An den Kliniken Essen-Mitte ist ein Modellprojekt gestartet, das sich mit der so genannten integrativen Onkologie befasst. Im Kampf gegen den Brustkrebs bei Frauen sollen dafür Schulmediziner mit Alternativmedizinern Hand in Hand zusammenarbeiten.
_Integrative Onkologie gegen Krebs
Ziel des Modellprojekts ist es, die breite Masse darauf aufmerksam zu machen, dass die alternative Medizin zahlreiche Vorteile für die Patienten bietet, die die Behandlungserfolge der Schulmedizin unterstützen können. Es soll keinesfalls die Werbetrommel dafür gerührt werden, nur noch alternative Heilmethoden anzuwenden, denn damit könnten ernste Erkrankungen ohnehin nicht bekämpft werden. Der sinnvolle Einsatz von Massagen, Akupunktur, Bewegungsprogrammen und Co. aus der alternativen Medizin könne aber die Behandlungserfolge aus den klassischen Therapien verbessern.
Dazu haben die Ärzte der Klinik nun sogar ein Buch verfasst. Sie gehen davon aus, dass 70 bis 90 Prozent aller Krebspatienten zusätzlich zur Schulmedizin alternative Heilmethoden anwendeten. Andere Aussagen sprechen zwar nur von 50 Prozent, doch muss bedacht werden, dass viele Patienten die behandelnden Ärzte gar nicht über weitere medizinische Maßnahmen informieren. Die Angst vor dem Unverständnis des Arztes ist hierbei einfach zu groß.

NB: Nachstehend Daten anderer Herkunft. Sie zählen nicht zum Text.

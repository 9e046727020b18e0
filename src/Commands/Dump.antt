-- ===== src/Commands/Dump.antt =====
-- src/dump.cpp. What it does to the disk goes through `Disk`.
use fuse_nx.Prelude.{
  ℕ, zero, suc, ◌+◌, Bool, true, false, ltb, leb, List, [], ◌∷◌, ◌++◌, length, take, replicate,
  get_elem?, Option, none, some,
}
use fuse_nx.Prelude.Words.{u64}
use fuse_nx.Io.{FileBase, size}
use fuse_nx.Romfs.Types.{Run, ok, fault, out_of_fuel, ◌>>=◌, lift}
use fuse_nx.Vfs.Path.{parent_path}
use fuse_nx.Vfs.Interface.{Interface}
use fuse_nx.Vfs.Tree.{FileSystem, get_file, find_folder, set_base}
use fuse_nx.Vfs.Walk.{Callback, walk}

-- The host's disk: `create_directories` tells whether it failed; a file that cannot be opened for writing
-- is `none`, one that can is written at once.
pub record Disk (D : Type 0) : Type 0 where
  pub create_directories : List ℕ → D → Bool × D
  pub write_file : List ℕ → D → Option (List ℕ → D)

abbrev pub chunk : ℕ
chunk = 0x400000

-- `std::vector<std::uint8_t>(n)`.
unfoldable pub buffer : ℕ → List ℕ
buffer n = replicate n 0

module _ {C W : Type 0} (ops : Interface C W) where
  -- The loop of the worker, from an offset on, at most `k` rounds: the bytes that are written.
  unfoldable pub copy : ℕ → ℕ → FileBase → List ℕ → W → Run (List ℕ × FileBase × W)
  unfolding size
  copy zero offset f buf w = elim (ltb offset (size f)) [
    | true ↦ out_of_fuel
    | false ↦ ok ([], f, w)
  ]
  copy (suc k) offset f buf w = elim (ltb offset (size f)) [
    | false ↦ ok ([], f, w)
    | true ↦ do
      (count, buf', f', w') ← ops.read_at offset f buf w
      elim (leb count (length buf')) [
        | false ↦ fault
        | true ↦ do
          (rest, f'', w'') ← copy k (u64 (offset + count)) f' buf' w'
          ok (take count buf' ++ rest, f'', w'')
      ]
  ]

  module _ {D : Type 0} (disk : Disk D) (dest : List ℕ) where
    -- The worker on one path; the buffer starts with zeros.
    unfoldable pub worker : ℕ → List ℕ → D → FileSystem C W → Run (D × FileSystem C W)
    unfolding get_file copy set_base
    worker k path d s = do
      i ← lift (get_file path s)
      src ← lift (get_elem? s.file_nodes i)
      elim (disk.write_file (dest ++ path) d) [
        | none ↦ ok (d, s)
        | some store ↦ do
          (bytes, f, w) ← copy k 0 src.base (buffer chunk) s.world
          ok (store bytes, set_base i f (record s { world = w }))
      ]

    -- The state of the callbacks: the queue of the pool, and the disk.
    unfoldable pub on_folder : Callback (List (List ℕ) × D)
    on_folder path (queue, d) =
        let (failed, d') = disk.create_directories (dest ++ path) d in (failed, (queue, d'))

    unfoldable pub on_file : Callback (List (List ℕ) × D)
    on_file path (queue, d) = (false, (queue ++ (path ∷ []), d))

    -- The loop over the paths of the command line; `true` is the early return.
    unfoldable pub queue_paths :
        ℕ
        → List (List ℕ)
        → List (List ℕ) × D
        → FileSystem C W
        → Run (Bool × (List (List ℕ) × D) × FileSystem C W)
    unfolding find_folder walk get_file on_folder on_file parent_path
    queue_paths depth [] t s = ok (false, t, s)
    queue_paths depth (path ∷ paths) t s = do
      (found, s1) ← find_folder ops path s
      elim found [
        | some i ↦
            let (failed, t1) = on_folder path t in
            elim failed [
              | true ↦ ok (true, t1, s1)
              | false ↦ do
                (stop, t2, s2) ← walk ops on_folder on_file depth path t1 s1
                elim stop [ true ↦ ok (true, t2, s2) | false ↦ queue_paths depth paths t2 s2 ]
            ]
        | none ↦ elim (get_file path s1) [
          | none ↦ queue_paths depth paths t s1
          | some i ↦
              let (failed, t1) = on_folder (parent_path path) t in
              elim failed [
                | true ↦ ok (true, t1, s1)
                | false ↦ queue_paths depth paths (on_file path t1).1 s1
              ]
        ]
      ]

    unfoldable pub drain : ℕ → List (List ℕ) → D → FileSystem C W → Run (D × FileSystem C W)
    unfolding worker
    drain k [] d s = ok (d, s)
    drain k (path ∷ queue) d s = do (d', s') ← worker k path d s; drain k queue d' s'

    -- The exit code, and the disk. The workers run in the order of the queue, one at a time and after the
    -- walk; with the early return none has run yet.
    unfoldable pub run : ℕ → ℕ → List (List ℕ) → D → FileSystem C W → Run (ℕ × D × FileSystem C W)
    unfolding queue_paths drain
    run k depth paths d s = do
      (stop, t, s1) ← queue_paths depth paths ([], d) s
      elim stop [
        | true ↦ ok (1, t.1, s1)
        | false ↦ do (d', s2) ← drain k t.0 t.1 s1; ok (0, d', s2)
      ]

Allerdings kann genau dies zum Problem werden. Denn beispielsweise kann die Einnahme von Grapefruitsaft, Vitamin C, Johanniskraut oder Echinacea dazu führen, dass die Chemotherapie in ihrer Wirkung beeinflusst wird. Damit schadet die alternative Medizin mehr, als sie nützt. Aus diesem Grund sollten Schulmedizin und Alternativmedizin Hand in Hand gehen, um den Patienten so ein angenehmeres Leben auch während einer unangenehmen Chemotherapie zu gewährleisten.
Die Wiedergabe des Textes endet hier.